Fig. 3.6-8: Proportion of OH and H2O in haplogranitic melt with 9 wt% B2O3 at 2 kbars and 1000 °C. Results for the boron-free system are shown for comparison (solid line).

Pressure has no measurable influence on the speciation of water in haplogranitic melts between 1 and 3 kbars. This implies that the speciation reaction has a relatively small ΔV of reaction, consistent with the constant value of the partial molar volume of water in sodium silicate melts reported in literature. If generalisable, this observation will greatly simplify the task of estimating the volumetric properties of hydrous melts.

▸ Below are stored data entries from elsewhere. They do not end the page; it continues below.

-- ===== src/Transfers/Handling.antt =====
-- personal_mcp/file_transfer.py: `handle`, `close_owner` and `close` refine Spec.
use unified_personal_mcp.Prelude.{
  ap, ◌∙◌, stop, stop, ℕ, ◌≤◌, ◌≡◌, refl, sym, subst, String, true, not, ◌&&◌, ◌||◌, none, some,
  ◌==◌, arith, inl, inr, eq_iff, eqb, leb, length, if◌then◌else◌, if-cases, Option-cases,
}
use unified_personal_mcp.Table.{select_one, select_one-passes}
use unified_personal_mcp.Transfers.State.{
  Result, ok, err, and_then, Reply, Transfer, Limits, Manager, Argument, absent, unfit, given,
  fitting, Args, Action, upload_begin, download_begin, upload_chunk, upload_commit, download_chunk,
  status, release, unsupported, released,
}
use unified_personal_mcp.Transfers.Cache.{
  World, is_expired, has_key, discard_transfer, discard_all, prune,
}
use unified_personal_mcp.Transfers.Spec.{Aim, closing, looking, same, Steps, one_step, Steps-trans}
use unified_personal_mcp.Transfers.Handle.{
  is_upload, find, release_transfer, act, act_on, dispatch, requested, handle, close_owner,
  remove_cache, close,
}
use unified_personal_mcp.Transfers.Refines.{
  Goes, Replies, Goes-and_then, Goes-discard, Goes-discard_all, Goes-upload_begin,
}
use unified_personal_mcp.Transfers.Uploading.{Goes-upload_chunk, Goes-upload_commit}
use unified_personal_mcp.Transfers.Downloading.{Goes-download_begin}
use unified_personal_mcp.Transfers.Aims.{aim_on, aim_as, aim_of, looking-find}

-- What is found has its key in the table.
pub find-has_key :
    (owner : String) (runtime : ℕ) (id : Argument String) (m : Manager) {t : Transfer}
    → find owner runtime id m ≡ some t
    → select_one (has_key t.key) m.transfers ≡ some t
find-has_key owner runtime (given key) m {t} e =
    elim (Option-cases (select_one (has_key key) m.transfers)) [
      | inl n ↦ let absurd : none ≡ some t = rw (n, find) at e in cc
      | inr (u, f) ↦
          let found : (if u.owner == owner && eqb u.runtime runtime then some u else none)
              ≡ some t =
            rw (f, find) at e in
          let keyed : u.key ≡ key =
            (eq_iff u.key key).0 (select_one-passes (has_key key) m.transfers f) in
          let same_one : u ≡ t = ground arith in
          subst (λ v. select_one (has_key v.key) m.transfers ≡ some v) same_one
            (subst (λ k. select_one (has_key k) m.transfers ≡ some u) (sym keyed) f)
    ]
find-has_key owner runtime absent m e = cc
find-has_key owner runtime unfit m e = cc

module _ (w : World) (l : Limits) (aim : Aim) where
  Goes-act :
      (owner : String) (runtime : ℕ) (t : Transfer) (action : Action) (args : Args) (m : Manager)
      → aim ≡ aim_on owner runtime action (some t)
      → 1 ≤ l.chunk_bytes
      → select_one (has_key t.key) m.transfers ≡ some t
      → Goes w l aim m (act w l t action args m)
  unfolding act release_transfer
  Goes-act owner runtime t status args m fits blocks found = stop m m refl
  Goes-act owner runtime t release args m fits blocks found =
      Goes-and_then w l aim m (discard_transfer w t m) (λ _ after. (ok (released t.key), after))
        (Goes-discard w l aim t m (inr (inl fits))) (λ _ n _. stop n n refl)
  Goes-act owner runtime t upload_chunk args m fits blocks found =
      if-cases (Replies w l aim m) (is_upload t.direction)
        (λ _. Goes-upload_chunk w l aim t m found fits args) (λ _. stop m m refl)
  Goes-act owner runtime t upload_commit args m fits blocks found =
      if-cases (Replies w l aim m) (is_upload t.direction)
        (λ _. Goes-upload_commit w l aim t m blocks found fits) (λ _. stop m m refl)
  Goes-act owner runtime t download_chunk args m fits blocks found =
      if-cases (Replies w l aim m) (is_upload t.direction) (λ _. stop m m refl) (λ _. stop m m refl)
  Goes-act owner runtime t upload_begin args m fits blocks found = stop m m refl
  Goes-act owner runtime t download_begin args m fits blocks found = stop m m refl
  Goes-act owner runtime t unsupported args m fits blocks found = stop m m refl

  Goes-act_on :
      (owner : String) (runtime : ℕ) (action : Action) (args : Args) (m : Manager)
      → ((t : Transfer)
          → find owner runtime args.transfer_id m ≡ some t
          → aim ≡ aim_on owner runtime action (some t))
      → 1 ≤ l.chunk_bytes
      → Goes w l aim m (act_on w l owner runtime action args m)
  unfolding act_on
  Goes-act_on owner runtime action args m fits blocks =
      elim (Option-cases (find owner runtime args.transfer_id m)) [
        | inl e ↦ rw (e, act_on) (stop m m refl)
        | inr (t, e) ↦
            rw (e, act_on)
              (Goes-act owner runtime t action args m (fits t e) blocks
                (find-has_key owner runtime args.transfer_id m e))
      ]

  -- `start` is the manager that the call began with.
  module _ (owner : String) (runtime : ℕ) (args : Args) (start m : Manager)
      (before : (t : Transfer)
        → find owner runtime args.transfer_id m ≡ some t
        → find owner runtime args.transfer_id start ≡ some t)
      (blocks : 1 ≤ l.chunk_bytes) where
    Goes-found :
        (action : Action)
        → aim ≡ aim_on owner runtime action (find owner runtime args.transfer_id start)
        → Goes w l aim m (act_on w l owner runtime action args m)
    Goes-found action fits =
        Goes-act_on owner runtime action args m
          (λ t e. fits ∙ ap (λ o. aim_on owner runtime action o) (before t e)) blocks

    Goes-dispatch :
        (action : Action)
        → aim ≡ aim_on owner runtime action (find owner runtime args.transfer_id start)
        → Goes w l aim m (dispatch w l owner runtime action args m)
    unfolding dispatch
    Goes-dispatch upload_begin fits = Goes-upload_begin w l aim owner runtime args m fits
    Goes-dispatch download_begin fits = Goes-download_begin w l aim owner runtime args m blocks fits
    Goes-dispatch unsupported fits = stop m m refl
    Goes-dispatch upload_chunk fits = Goes-found upload_chunk fits
    Goes-dispatch upload_commit fits = Goes-found upload_commit fits
    Goes-dispatch download_chunk fits = Goes-found download_chunk fits
    Goes-dispatch status fits = Goes-found status fits
    Goes-dispatch release fits = Goes-found release fits

    Goes-requested :
        aim ≡ aim_of owner runtime args start → Goes w l aim m (requested w l owner runtime args m)
    unfolding requested
    Goes-requested fits = elim (Option-cases (fitting args.action)) [
      | inl e ↦ rw (e, requested) (stop m m refl)
      | inr (action, e) ↦
          rw (e, requested)
            (Goes-dispatch action (
              fits
              ∙ ap (λ o. aim_as owner runtime o (find owner runtime args.transfer_id start)) e))
    ]

module _ (w : World) (l : Limits) where
  -- What can be done with any aim can be done with none, before what is done with one.
  Goes-pruned :
      (aim : Aim) (m : Manager) (r : Result (Unit {0}) × Manager)
      (f : Unit {0} → Manager → Result Reply × Manager)
      → ((a : Aim) → Steps w l a m r.1)
      → ((n : Manager) → Steps w l looking m n → Goes w l aim n (f tt n))
      → Goes w l aim m (and_then r f)
  Goes-pruned aim m (err code, n) f p q = p aim
  Goes-pruned aim m (ok tt, n) f p q = Steps-trans w l aim m n (f tt n).1 (p aim) (q n (p looking))

  pub handle_refines :
      (owner : String) (runtime : ℕ) (args : Args) (m : Manager)
      → 1 ≤ l.chunk_bytes
      → Steps w l (aim_of owner runtime args m) m (handle w l owner runtime args m).1
  unfolding handle prune
  handle_refines owner runtime args m blocks =
      let aim = aim_of owner runtime args m in
      let first : (a : Aim) → Goes w l a m (prune w m) =
        λ a. Goes-discard_all w l a (is_expired w.now) m.transfers m (λ t e. inl e) in
      if-cases (Replies w l aim m) m.closed (λ _. stop m m refl)
        (λ _.
          if-cases (Replies w l aim m) (owner == "") (λ _. stop m m refl)
            (λ _.
              Goes-pruned aim m (prune w m) (λ _ after. requested w l owner runtime args after)
                first
                (λ n pruned.
                  Goes-requested w l aim owner runtime args m n
                    (λ t e. looking-find w l owner runtime args.transfer_id m n t pruned e) blocks
                    refl)))

  pub close_owner-Steps :
      (owner : String) (m : Manager) → Steps w l closing m (close_owner w owner m).1
  unfolding close_owner
  close_owner-Steps owner m =
      Goes-discard_all w l closing (λ t. t.owner == owner) m.transfers m (λ t e. inr (inr refl))

  Goes-remove_cache : (m : Manager) → Goes w l closing m (remove_cache w m)
  unfolding remove_cache
  Goes-remove_cache m =
      let P : Result (Unit {0}) × Manager → Type 0 = λ r. Steps w l closing m r.1 in
      if-cases P (not m.cache_created || not (leb (length m.files) 0)) (λ _. stop m m refl)
        (λ _.
          if-cases P w.removes_cache (λ _. one_step w l closing m _ (same refl refl))
            (λ _. stop m m refl))

  pub close-Steps : (m : Manager) → Steps w l closing m (close w m).1
  unfolding close
  close-Steps m =
      let shut : Manager = record m { closed = true } in
      if-cases (λ (r : Result (Unit {0}) × Manager). Steps w l closing m r.1) m.closed
        (λ _. stop m m refl)
        (λ _. Steps-trans w l closing m shut _ (one_step w l closing m shut (same refl refl)) (
          Goes-and_then w l closing shut (discard_all w (λ t. true) m.transfers shut)
            (λ _ after. remove_cache w after)
            (Goes-discard_all w l closing (λ t. true) m.transfers shut (λ t e. inr (inr refl)))
            (λ _ n _. Goes-remove_cache n)))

Very recent results involving in situ IR spectroscopy of a hydrous granitic melt indicate that a component of elastic displacive equilibria below Tg may be required to complete our picture of the temperature dependence of the speciation of water in melts. The enthalpy of the liquid state reaction of water speciation from in situ studies is identical to that provided in the present study. This agreement between the results of the present study and those of the in situ measurements imply that the major influence of temperature on melt speciation does indeed freeze in at the glass transition, but that minor (low activation energy) adjustments in water speciation do occur below the glass transition. Further comparisons of quenched versus in situ studies of melt and glass speciation should help to elucidate the nature of melt relaxation during cooling.